I have tried every ROM from 1-40 and a few other random ones. The other ones between 1 and 40 boot up and seem to play fine, obviously I haven't tested them extensively but they worked for me.

If anyone gets one of the ROMS that won't work for me working on their GBA flash cart please correct me. I saw the Meteos boot video that WeaponX posted so it's clearly not a bad dump unless you have a different one.


----------



## FoxxyIchibo (Sep 22, 2005)

After playing around with it some more, it appears that Nintendogs isn't saving properly on my SuperCard SD.  While it does save my dog, it always boots to the "Your puppy has come home with you!" message (Maybe it is only saving the first 64kb to the sav file?)  I went past it and named it and taught it sit (the voice recognition is crap..  took me over 20 minutes to do this, and my friends hate me for it.  This may have had to do with the save patching?), then did a manual save and quit.  Upon restarting I got the "Your puppy has come home with you!" message once again.    Loading Nintendogs corrupts the data on my Feel the Magic card for some reason.  Also, .sav files are only loading for me with the patched Castlevania and Nintendogs, though it won't actually save to the .sav file for either.  I couldn't get anything to work with Nanostray.  Bomberman wouldn't load the .sav at first, but trying to create a new data would cause a "failed to format" error, and then the main menu would show a corrupt savegame in the first slot.

SC Users: Dont rely on any 'save patching' with this.  Only use it to make the NDS roms load faster.  Some people have had varying success using this with a QPC, then saving with the saver menu.  Eeprom tools seem like a much better choice for now.


----------



## Vince989 (Sep 22, 2005)

First off, you'll need a DS cart with 2mbit save, such as Madden 2006 and so on, if you use the official patcher. This way, it will stay on the DS cart. When the time comes to back up the save, use the Etool which cory1492 wrote, it's linked in other threads, and I'm too lazy (and it's late 
	

	
	
		
		

		
			





 ) to copy it here. Use it to send it in the SRAM of the SC, then use the QPC method to back it up in a sav file. However, this is most likely what you missed : You need the original .sav file to have 256kilobytes, and the game you will use to transfer it back and forth to have been patched with "Enable more saver". 

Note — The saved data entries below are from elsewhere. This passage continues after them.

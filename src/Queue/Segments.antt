-- ===== src/Queue/Segments.antt =====
-- The nodes of a chain as a list of places with what they hold, and what writing a node does to it.
use openbookfs.Prelude.{
  suc, length, ℕ, ◌≡◌, ◌≢◌, refl, sym, ap, ◌∙◌, subst, List, [], ◌∷◌, ◌++◌, Option, some, ==_iff,
  ==_ne,
}
use openbookfs.Queue.Nodes.{Node, Heap, write, with_next, with_prev}

pub some_eq : (a b : ℕ) → some a ≡ some b → a ≡ b
some_eq a b k = cc

module _ {T : Type 0} where
  -- the first place of the list, or else what follows it; the last one, or else what stands before
  abbrev pub head_or : List (ℕ × T) → Option ℕ → Option ℕ
  head_or [] q = q
  head_or (x ∷ xs) q = some x.0

  abbrev pub last_or : Option ℕ → List (ℕ × T) → Option ℕ
  last_or p [] = p
  last_or p (x ∷ xs) = last_or (some x.0) xs

  -- These nodes in this order, linked in both directions, between p and q.
  abbrev pub Segment : Heap T → Option ℕ → List (ℕ × T) → Option ℕ → Type 0
  Segment h p [] q = Unit {0}
  Segment h p (x ∷ xs) q =
      (h x.0 ≡ record { datum = x.1; next = head_or xs q; prev = p }) × Segment h (some x.0) xs q

  abbrev pub Fresh : ℕ → List (ℕ × T) → Type 0
  Fresh n [] = Unit {0}
  Fresh n (x ∷ xs) = (n ≢ x.0) × Fresh n xs

  abbrev pub AllDistinct : List (ℕ × T) → Type 0
  AllDistinct [] = Unit {0}
  AllDistinct (x ∷ xs) = Fresh x.0 xs × AllDistinct xs

  pub write_self : (h : Heap T) (n : ℕ) (v : Node T) → write h n v n ≡ v
  unfolding write
  write_self h n v = rw ((==_iff n n).1 refl) refl

  pub write_ne : (h : Heap T) {n i : ℕ} (v : Node T) → n ≢ i → write h n v i ≡ h i
  unfolding write
  write_ne h {n} {i} v e = rw (==_ne n i e) refl

  pub Fresh-append_left : (n : ℕ) (xs ys : List (ℕ × T)) → Fresh n (xs ++ ys) → Fresh n xs
  Fresh-append_left n [] ys f = tt
  Fresh-append_left n (x ∷ xs) ys f = (f.0, Fresh-append_left n xs ys f.1)

  pub Fresh-append_right : (n : ℕ) (xs ys : List (ℕ × T)) → Fresh n (xs ++ ys) → Fresh n ys
  Fresh-append_right n [] ys f = f
  Fresh-append_right n (x ∷ xs) ys f = Fresh-append_right n xs ys f.1

  pub Fresh-append : (n : ℕ) (xs ys : List (ℕ × T)) → Fresh n xs → Fresh n ys → Fresh n (xs ++ ys)
  Fresh-append n [] ys f g = g
  Fresh-append n (x ∷ xs) ys f g = (f.0, Fresh-append n xs ys f.1 g)

  pub AllDistinct-append_left : (xs ys : List (ℕ × T)) → AllDistinct (xs ++ ys) → AllDistinct xs
  AllDistinct-append_left [] ys d = tt
  AllDistinct-append_left (x ∷ xs) ys d =
      (Fresh-append_left x.0 xs ys d.0, AllDistinct-append_left xs ys d.1)

  pub AllDistinct-append_right : (xs ys : List (ℕ × T)) → AllDistinct (xs ++ ys) → AllDistinct ys
  AllDistinct-append_right [] ys d = d
  AllDistinct-append_right (x ∷ xs) ys d = AllDistinct-append_right xs ys d.1

  pub AllDistinct-append :
      (xs : List (ℕ × T)) (n : ℕ × T) → AllDistinct xs → Fresh n.0 xs → AllDistinct (xs ++ (n ∷ []))
  AllDistinct-append [] n d f = (tt, tt)
  AllDistinct-append (x ∷ xs) n d f =
      (Fresh-append x.0 xs (n ∷ []) d.0 ((λ e. f.0 (sym e)), tt), AllDistinct-append xs n d.1 f.1)

  -- A node moves from the front to the end.
  pub AllDistinct-rotate :
      (n m : ℕ × T) (xs : List (ℕ × T))
      → n.0 ≡ m.0
      → AllDistinct (n ∷ xs)
      → AllDistinct (xs ++ (m ∷ []))
  AllDistinct-rotate n m xs e d = AllDistinct-append xs m d.1 (subst (λ i. Fresh i xs) e d.0)

  -- Places outside the list may change, and the list stays.
  abbrev pub Agrees : Heap T → Heap T → List (ℕ × T) → Type 0
  Agrees g h [] = Unit {0}
  Agrees g h (x ∷ xs) = (g x.0 ≡ h x.0) × Agrees g h xs

  pub Segment-Agrees :
      (g h : Heap T) (p q : Option ℕ) (xs : List (ℕ × T))
      → Agrees g h xs
      → Segment h p xs q
      → Segment g p xs q
  Segment-Agrees g h p q [] a s = tt
  Segment-Agrees g h p q (x ∷ xs) a s = (a.0 ∙ s.0, Segment-Agrees g h (some x.0) q xs a.1 s.1)

  pub Agrees-write :
      (h : Heap T) (n : ℕ) (v : Node T) (xs : List (ℕ × T)) → Fresh n xs → Agrees (write h n v) h xs
  Agrees-write h n v [] f = tt
  Agrees-write h n v (x ∷ xs) f = (write_ne h v f.0, Agrees-write h n v xs f.1)

  pub Segment-write :
      (h : Heap T) (n : ℕ) (v : Node T) (p q : Option ℕ) (xs : List (ℕ × T))
      → Fresh n xs
      → Segment h p xs q
      → Segment (write h n v) p xs q
  Segment-write h n v p q xs f s = Segment-Agrees (write h n v) h p q xs (Agrees-write h n v xs f) s

  -- A new successor of the last node.
  pub Fresh-last_or :
      (n : ℕ) (x : ℕ × T) (xs : List (ℕ × T)) (l : ℕ)
      → Fresh n (x ∷ xs)
      → last_or (some x.0) xs ≡ some l
      → l ≢ n
  Fresh-last_or n x [] l f e = λ k. f.0 cc
  Fresh-last_or n x (y ∷ xs) l f e = Fresh-last_or n y xs l f.1 e

  pub Segment-with_next :
      (h : Heap T) (l : ℕ) (p q r : Option ℕ) (x : ℕ × T) (xs : List (ℕ × T))
      → AllDistinct (x ∷ xs)
      → last_or (some x.0) xs ≡ some l
      → Segment h p (x ∷ xs) q
      → Segment (write h l (with_next r (h l))) p (x ∷ xs) r
  Segment-with_next h l p q r x [] d e s = (
    subst (λ k. write h k (with_next r (h k)) x.0 ≡ record { datum = x.1; next = r; prev = p })
        (some_eq x.0 l e) (write_self h x.0 (with_next r (h x.0)) ∙ ap (with_next r) s.0),
    tt,
  )
  Segment-with_next h l p q r x (y ∷ xs) d e s = (
    write_ne h (with_next r (h l)) (Fresh-last_or x.0 y xs l d.0 e) ∙ s.0,
    Segment-with_next h l (some x.0) q r y xs d.1 e s.1,
  )

  pub Segment-with_prev :
      (h : Heap T) (p q r : Option ℕ) (x : ℕ × T) (xs : List (ℕ × T))
      → AllDistinct (x ∷ xs)
      → Segment h p (x ∷ xs) q
      → Segment (write h x.0 (with_prev r (h x.0))) r (x ∷ xs) q
  Segment-with_prev h p q r x xs d s = (
    write_self h x.0 (with_prev r (h x.0)) ∙ ap (with_prev r) s.0,
    Segment-write h x.0 (with_prev r (h x.0)) (some x.0) q xs d.0 s.1,
  )

  pub head_or_append :
      (xs ys : List (ℕ × T)) (q : Option ℕ) → head_or (xs ++ ys) q ≡ head_or xs (head_or ys q)
  head_or_append [] ys q = refl
  head_or_append (x ∷ xs) ys q = refl

  pub last_or_append :
      (p : Option ℕ) (xs : List (ℕ × T)) (n : ℕ × T) → last_or p (xs ++ (n ∷ [])) ≡ some n.0
  last_or_append p [] n = refl
  last_or_append p (x ∷ xs) n = last_or_append (some x.0) xs n

  pub last_or-some : (a : ℕ) (xs : List (ℕ × T)) → (l : ℕ) × (last_or (some a) xs ≡ some l)
  last_or-some a [] = (a, refl)
  last_or-some a (x ∷ xs) = last_or-some x.0 xs

  pub Segment-append :
      (h : Heap T) (p q : Option ℕ) (xs ys : List (ℕ × T))
      → Segment h p xs (head_or ys q)
      → Segment h (last_or p xs) ys q
      → Segment h p (xs ++ ys) q
  Segment-append h p q [] ys s t = t
  Segment-append h p q (x ∷ xs) ys s t = (
    s.0 ∙ ap (λ k. record { datum = x.1; next = k; prev = p }) (sym (head_or_append xs ys q)),
    Segment-append h (some x.0) q xs ys s.1 t,
  )

  pub Segment-append_left :
      (h : Heap T) (p q : Option ℕ) (xs ys : List (ℕ × T))
      → Segment h p (xs ++ ys) q
      → Segment h p xs (head_or ys q)
  Segment-append_left h p q [] ys s = tt
  Segment-append_left h p q (x ∷ xs) ys s = (
    s.0 ∙ ap (λ k. record { datum = x.1; next = k; prev = p }) (head_or_append xs ys q),
    Segment-append_left h (some x.0) q xs ys s.1,
  )

  pub Segment-append_right :
      (h : Heap T) (p q : Option ℕ) (xs ys : List (ℕ × T))
      → Segment h p (xs ++ ys) q
      → Segment h (last_or p xs) ys q
  Segment-append_right h p q [] ys s = s
  Segment-append_right h p q (x ∷ xs) ys s = Segment-append_right h (some x.0) q xs ys s.1

  -- Nothing follows the last node.
  pub Segment-last :
      (h : Heap T) (p q : Option ℕ) (x : ℕ × T) (xs : List (ℕ × T)) (l : ℕ)
      → last_or (some x.0) xs ≡ some l
      → Segment h p (x ∷ xs) q
      → (h l).next ≡ q
  Segment-last h p q x [] l e s =
      subst (λ k. (h k).next ≡ q) (some_eq x.0 l e) (ap (λ v. v.next) s.0)
  Segment-last h p q x (y ∷ xs) l e s = Segment-last h (some x.0) q y xs l e s.1

  -- Two lists without a place in common.
  abbrev pub Apart : List (ℕ × T) → List (ℕ × T) → Type 0
  Apart [] ys = Unit {0}
  Apart (x ∷ xs) ys = Fresh x.0 ys × Apart xs ys

  pub Apart-last :
      (x : ℕ × T) (xs ys : List (ℕ × T)) (l : ℕ)
      → last_or (some x.0) xs ≡ some l
      → Apart (x ∷ xs) ys
      → Fresh l ys
  Apart-last x [] ys l e a = subst (λ k. Fresh k ys) (some_eq x.0 l e) a.0
  Apart-last x (y ∷ xs) ys l e a = Apart-last y xs ys l e a.1

  pub AllDistinct-Apart : (xs ys : List (ℕ × T)) → AllDistinct (xs ++ ys) → Apart xs ys
  AllDistinct-Apart [] ys d = tt
  AllDistinct-Apart (x ∷ xs) ys d = (Fresh-append_right x.0 xs ys d.0, AllDistinct-Apart xs ys d.1)

  pub Agrees-trans :
      (f g h : Heap T) (xs : List (ℕ × T)) → Agrees f g xs → Agrees g h xs → Agrees f h xs
  Agrees-trans f g h [] a b = tt
  Agrees-trans f g h (x ∷ xs) a b = (a.0 ∙ b.0, Agrees-trans f g h xs a.1 b.1)

  pub Agrees-refl : (h : Heap T) (xs : List (ℕ × T)) → Agrees h h xs
  Agrees-refl h [] = tt
  Agrees-refl h (x ∷ xs) = (refl, Agrees-refl h xs)

  Fresh-Apart : (n : ℕ × T) (xs ys : List (ℕ × T)) → Apart xs (n ∷ ys) → Fresh n.0 xs × Apart xs ys
  Fresh-Apart n [] ys a = (tt, tt)
  Fresh-Apart n (x ∷ xs) ys a =
      let rest = Fresh-Apart n xs ys a.1 in (((λ e. a.0.0 (sym e)), rest.0), (a.0.1, rest.1))

  pub Apart-sym : (xs ys : List (ℕ × T)) → Apart xs ys → Apart ys xs
  Apart-sym xs [] a = tt
  Apart-sym xs (y ∷ ys) a = let split = Fresh-Apart y xs ys a in (split.0, Apart-sym xs ys split.1)

  -- what the nodes hold
  abbrev pub contents : List (ℕ × T) → List T
  contents [] = []
  contents (x ∷ xs) = x.1 ∷ contents xs

  pub contents-append :
      (xs : List (ℕ × T)) (n : ℕ × T) → contents (xs ++ (n ∷ [])) ≡ contents xs ++ (n.1 ∷ [])
  contents-append [] n = refl
  contents-append (x ∷ xs) n = ap (λ l. x.1 ∷ l) (contents-append xs n)

  pub length-contents : (xs : List (ℕ × T)) → length (contents xs) ≡ length xs
  length-contents [] = refl
  length-contents (x ∷ xs) = ap suc (length-contents xs)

With those, it SHOULD work... Right cory1492 ? 
	

	
	
		
		

		
		
	


	




- Vince989


----------



## cory1492 (Sep 22, 2005)

Heh, it should, but unfortunately Im not sure how to bankswitch with the SC to use the extra save space so for 2mbit at this point - its not in Etool... been trying to figure out how gba games use more than 64k saves but there is little info I have found useful...


----------



## berlinka (Sep 22, 2005)

Okay, I tried to find it out myself but I can't really find it:

What is QPC? (and how does it work?)


----------



## cory1492 (Sep 22, 2005)

QUOTE(Kyoji @ Sep 20 2005 said:


> Not sure if this has been mentioned, but my games run on FlashMe without having an official cart in the NDS slot, in case those using FlashMe are paranoid and dont want to lose their saved games


Just ones that GBASave or ones that the gba save patch fails on too?


----------



## flashermac (Sep 22, 2005)

Well,  0003 Yoshi touch n go needs a 4kb NDS card to save, but works without one for me.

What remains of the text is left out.